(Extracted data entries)
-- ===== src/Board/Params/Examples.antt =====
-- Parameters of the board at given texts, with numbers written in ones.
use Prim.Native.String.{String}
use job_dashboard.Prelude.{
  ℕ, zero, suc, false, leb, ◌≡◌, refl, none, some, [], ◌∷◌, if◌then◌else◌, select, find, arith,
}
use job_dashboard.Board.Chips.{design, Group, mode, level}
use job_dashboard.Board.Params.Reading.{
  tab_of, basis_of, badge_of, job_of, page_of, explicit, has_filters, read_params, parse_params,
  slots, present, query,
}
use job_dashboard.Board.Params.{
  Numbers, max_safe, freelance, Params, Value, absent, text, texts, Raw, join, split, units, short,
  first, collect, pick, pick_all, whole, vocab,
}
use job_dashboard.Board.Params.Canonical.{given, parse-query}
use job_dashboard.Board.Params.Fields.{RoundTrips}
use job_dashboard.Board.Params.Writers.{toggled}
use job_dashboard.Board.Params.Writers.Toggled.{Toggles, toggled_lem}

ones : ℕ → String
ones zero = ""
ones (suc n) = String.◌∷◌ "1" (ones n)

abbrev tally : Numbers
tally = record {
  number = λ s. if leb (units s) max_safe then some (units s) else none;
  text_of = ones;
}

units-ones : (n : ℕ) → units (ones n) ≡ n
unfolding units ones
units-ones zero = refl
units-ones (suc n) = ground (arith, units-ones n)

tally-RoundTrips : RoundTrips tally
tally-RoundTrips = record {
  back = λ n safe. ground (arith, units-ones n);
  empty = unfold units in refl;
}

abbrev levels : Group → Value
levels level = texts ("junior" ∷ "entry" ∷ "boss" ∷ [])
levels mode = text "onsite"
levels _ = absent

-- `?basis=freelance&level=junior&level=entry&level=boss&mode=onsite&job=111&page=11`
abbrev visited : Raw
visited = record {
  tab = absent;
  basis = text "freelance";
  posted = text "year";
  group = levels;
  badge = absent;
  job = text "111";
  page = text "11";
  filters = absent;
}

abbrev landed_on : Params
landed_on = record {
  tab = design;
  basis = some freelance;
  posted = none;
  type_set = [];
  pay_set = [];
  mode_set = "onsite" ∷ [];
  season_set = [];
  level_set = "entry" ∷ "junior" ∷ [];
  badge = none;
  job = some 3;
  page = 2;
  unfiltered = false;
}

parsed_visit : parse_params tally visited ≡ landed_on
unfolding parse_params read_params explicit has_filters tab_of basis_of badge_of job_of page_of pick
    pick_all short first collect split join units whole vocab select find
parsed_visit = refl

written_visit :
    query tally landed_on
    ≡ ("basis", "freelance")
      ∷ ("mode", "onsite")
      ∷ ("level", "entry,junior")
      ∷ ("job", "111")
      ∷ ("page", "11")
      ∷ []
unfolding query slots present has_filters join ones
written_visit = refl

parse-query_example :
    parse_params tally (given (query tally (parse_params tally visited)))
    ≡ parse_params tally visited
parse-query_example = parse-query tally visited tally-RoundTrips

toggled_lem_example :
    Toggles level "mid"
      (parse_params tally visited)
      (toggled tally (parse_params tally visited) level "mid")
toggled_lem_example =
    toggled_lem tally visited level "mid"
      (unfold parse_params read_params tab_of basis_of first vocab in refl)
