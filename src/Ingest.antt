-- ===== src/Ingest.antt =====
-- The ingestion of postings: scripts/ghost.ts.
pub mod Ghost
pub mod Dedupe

## [GOAL OF THE EXERCISE]
Provide the count of lines in the records above that hold the word "String", with no other text.

## [RESPONSE]
3